Looks nice. I am waiting for its official release.


----------



## QwertyManiac (Aug 4, 2005)

Thnx man Vishal for those links at last RELIEF whoa!      Extreme Graphx and mindblowing interface, original one for me , is there bookin discounts available ???


----------



## siriusb (Aug 4, 2005)

> Thnx man Vishal for those links at last RELIEF whoa! Shocked Shocked Shocked Extreme Graphx and mindblowing interface, original one for me , is there bookin discounts available ???


That is not the logic behing buying original version of a software, coz u will get the same UI even if it is p!r@t3d.


----------



## hcp006sl (Aug 5, 2005)

QwertyManiac said:
			
		

> Thnx man Vishal for those links at last RELIEF whoa!      Extreme Graphx and mindblowing interface, original one for me , is there bookin discounts available ???

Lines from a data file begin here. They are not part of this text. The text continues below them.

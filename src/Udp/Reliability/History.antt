-- ===== src/Udp/Reliability/History.antt =====
-- The manager under any interleaving of its callers and its two workers: each operation holds the
-- manager's locks, so a history is a sequence of whole operations.
use gomcp.Prelude.{
  ℕ, sym, subst, Bool-cases, if◌then◌else◌, ◌*◌, ◌≤◌, ◌<◌, ◌^◌, ◌≡◌, Bool, String, some, List,
  arith, lookup, lookup-All, nat_key, false, inl, inr, true,
}
use gomcp.Udp.Header.{PacketHeader}
use gomcp.Udp.Reliability.{
  ReliabilityLevel, ReliabilityManager, PendingMessage, new_reliability_manager, track_message,
  handle_ack, retransmit_message, check_timeouts, retransmit_worker, start, stop, millisecond,
}
use gomcp.Udp.Reliability.Invariant.{
  IsValid, IsPending, new-IsValid, track-IsValid, handle_ack-IsValid, retransmit-IsValid,
  check-IsValid, worker-IsValid,
}

pub data Step (rm : ReliabilityManager) : ReliabilityManager → Type 0 where
  tracks :
      (now id : ℕ) (content : List ℕ) (fragments : List (List ℕ))
      → Step rm (track_message rm now id content fragments)
  acks : (now : ℕ) (h : PacketHeader) (addr : String) → Step rm (handle_ack rm now h addr)
  retransmits : (connected : Bool) (now id : ℕ) → Step rm (retransmit_message rm connected now id).0
  checks : (now : ℕ) → Step rm (check_timeouts rm now)
  works : (connected : Bool) (now : ℕ) → Step rm (retransmit_worker rm connected now).0
  starts : Step rm (start rm)
  stops : (rm' : ReliabilityManager) → stop rm ≡ some rm' → Step rm rm'

pub data Reach (rm : ReliabilityManager) : ReliabilityManager → Type 0 where
  here : Reach rm rm
  next : {rm' rm'' : ReliabilityManager} → Reach rm rm' → Step rm' rm'' → Reach rm rm''

-- Neither operation touches what the invariant speaks of.
with_worker_flags :
    (rm : ReliabilityManager) (running done : Bool)
    → IsValid rm
    → IsValid (record rm { running = running; done = done })
with_worker_flags rm running done v = record {
  distinct = v.distinct;
  pending = v.pending;
  intervals = v.intervals;
  limit = v.limit;
  channel = v.channel;
  window = v.window;
}

start-IsValid : (rm : ReliabilityManager) → IsValid rm → IsValid (start rm)
unfolding start
start-IsValid rm v = elim (Bool-cases rm.running) [
  | inl on ↦ subst (λ b. IsValid (if b then rm else record rm { running = true })) (sym on) v
  | inr off ↦
      subst (λ b. IsValid (if b then rm else record rm { running = true })) (sym off)
        (with_worker_flags rm true rm.done v)
]

stop-IsValid : (rm rm' : ReliabilityManager) → stop rm ≡ some rm' → IsValid rm → IsValid rm'
unfolding stop
stop-IsValid rm rm' e v = ground (arith, with_worker_flags rm false true v)

Step-IsValid : {rm rm' : ReliabilityManager} → Step rm rm' → IsValid rm → IsValid rm'
Step-IsValid {rm} (tracks now id content fragments) v = track-IsValid rm now id content fragments v
Step-IsValid {rm} (acks now h addr) v = handle_ack-IsValid rm now h addr v
Step-IsValid {rm} (retransmits connected now id) v = retransmit-IsValid rm connected now id v
Step-IsValid {rm} (checks now) v = check-IsValid rm now v
Step-IsValid {rm} (works connected now) v = worker-IsValid rm connected now v
Step-IsValid {rm} starts v = start-IsValid rm v
Step-IsValid {rm} (stops rm' e) v = stop-IsValid rm rm' e v

Reach-IsValid : {rm rm' : ReliabilityManager} → IsValid rm → Reach rm rm' → IsValid rm'
Reach-IsValid v here = v
Reach-IsValid v (next r st) = Step-IsValid st (Reach-IsValid v r)

-- From a new manager, any sequence of its operations leaves at most 100 ids in the retransmission
-- channel, at most `max_rtts` round-trip times in the window, and every pending message under its
-- own id, unacknowledged, with at most `retry_limit` attempts counted, and with a retry interval
-- of at most ten seconds.
pub reachable-IsValid :
    (level : ReliabilityLevel) {rm : ReliabilityManager}
    → Reach (new_reliability_manager level) rm
    → IsValid rm × (rm.max_retry_interval ≤ 10_000 * millisecond)
reachable-IsValid level r = let v = Reach-IsValid (new-IsValid level) r in (v, v.limit)

-- So the doubling of an interval never overflows an int64, whatever message is pending.
pub reachable_no_overflow :
    (level : ReliabilityLevel) {rm : ReliabilityManager} (id : ℕ) (pm : PendingMessage)
    → Reach (new_reliability_manager level) rm
    → lookup id rm.pending_messages ≡ some pm
    → pm.retry_interval * 2 < 2 ^ 63
reachable_no_overflow level {rm} id pm r e =
    let v = Reach-IsValid (new-IsValid level) r in
    let p = lookup-All (IsPending rm.max_retry_interval) id pm rm.pending_messages v.pending e in
    omega (arith, v.limit, p.interval)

Vista is now under BETA. So, please wait for full release.


----------



## hcp006sl (Aug 5, 2005)

Vishal Gupta said:
			
		

> adit_sen said:
> 
> 
> 
> ...



Well please wait for some days. WindowBlinds 5 is now under Beta. After its full release, you can also make such shot using WindowsXP.


----------



## neerajvohra (Aug 5, 2005)

well ,till windows blinds come out of beta,i think till then vista would be available!!!


----------



## naveenchandran (Aug 6, 2005)

Satissh S said:
			
		

> but i read this in a newspaper.
> 
> Windows *V*iruses ,*I*nfections ,*S*pywares ,*T*rojans ,*A*dwares.


----------



## QwertyManiac (Aug 6, 2005)

i saw that on this forum (which newspaper. plz say, it looks intresting...)


----------



## Ashis (Aug 8, 2005)

I suspected the Image to be fake....

Any way If Windows would really hade those Cool Looks.....then I would Say why Is Microsoft trying to be Like MAC.

It always copies & will Never Change Unless Someone in the managment changes its focus from Marketing to Stablity !!!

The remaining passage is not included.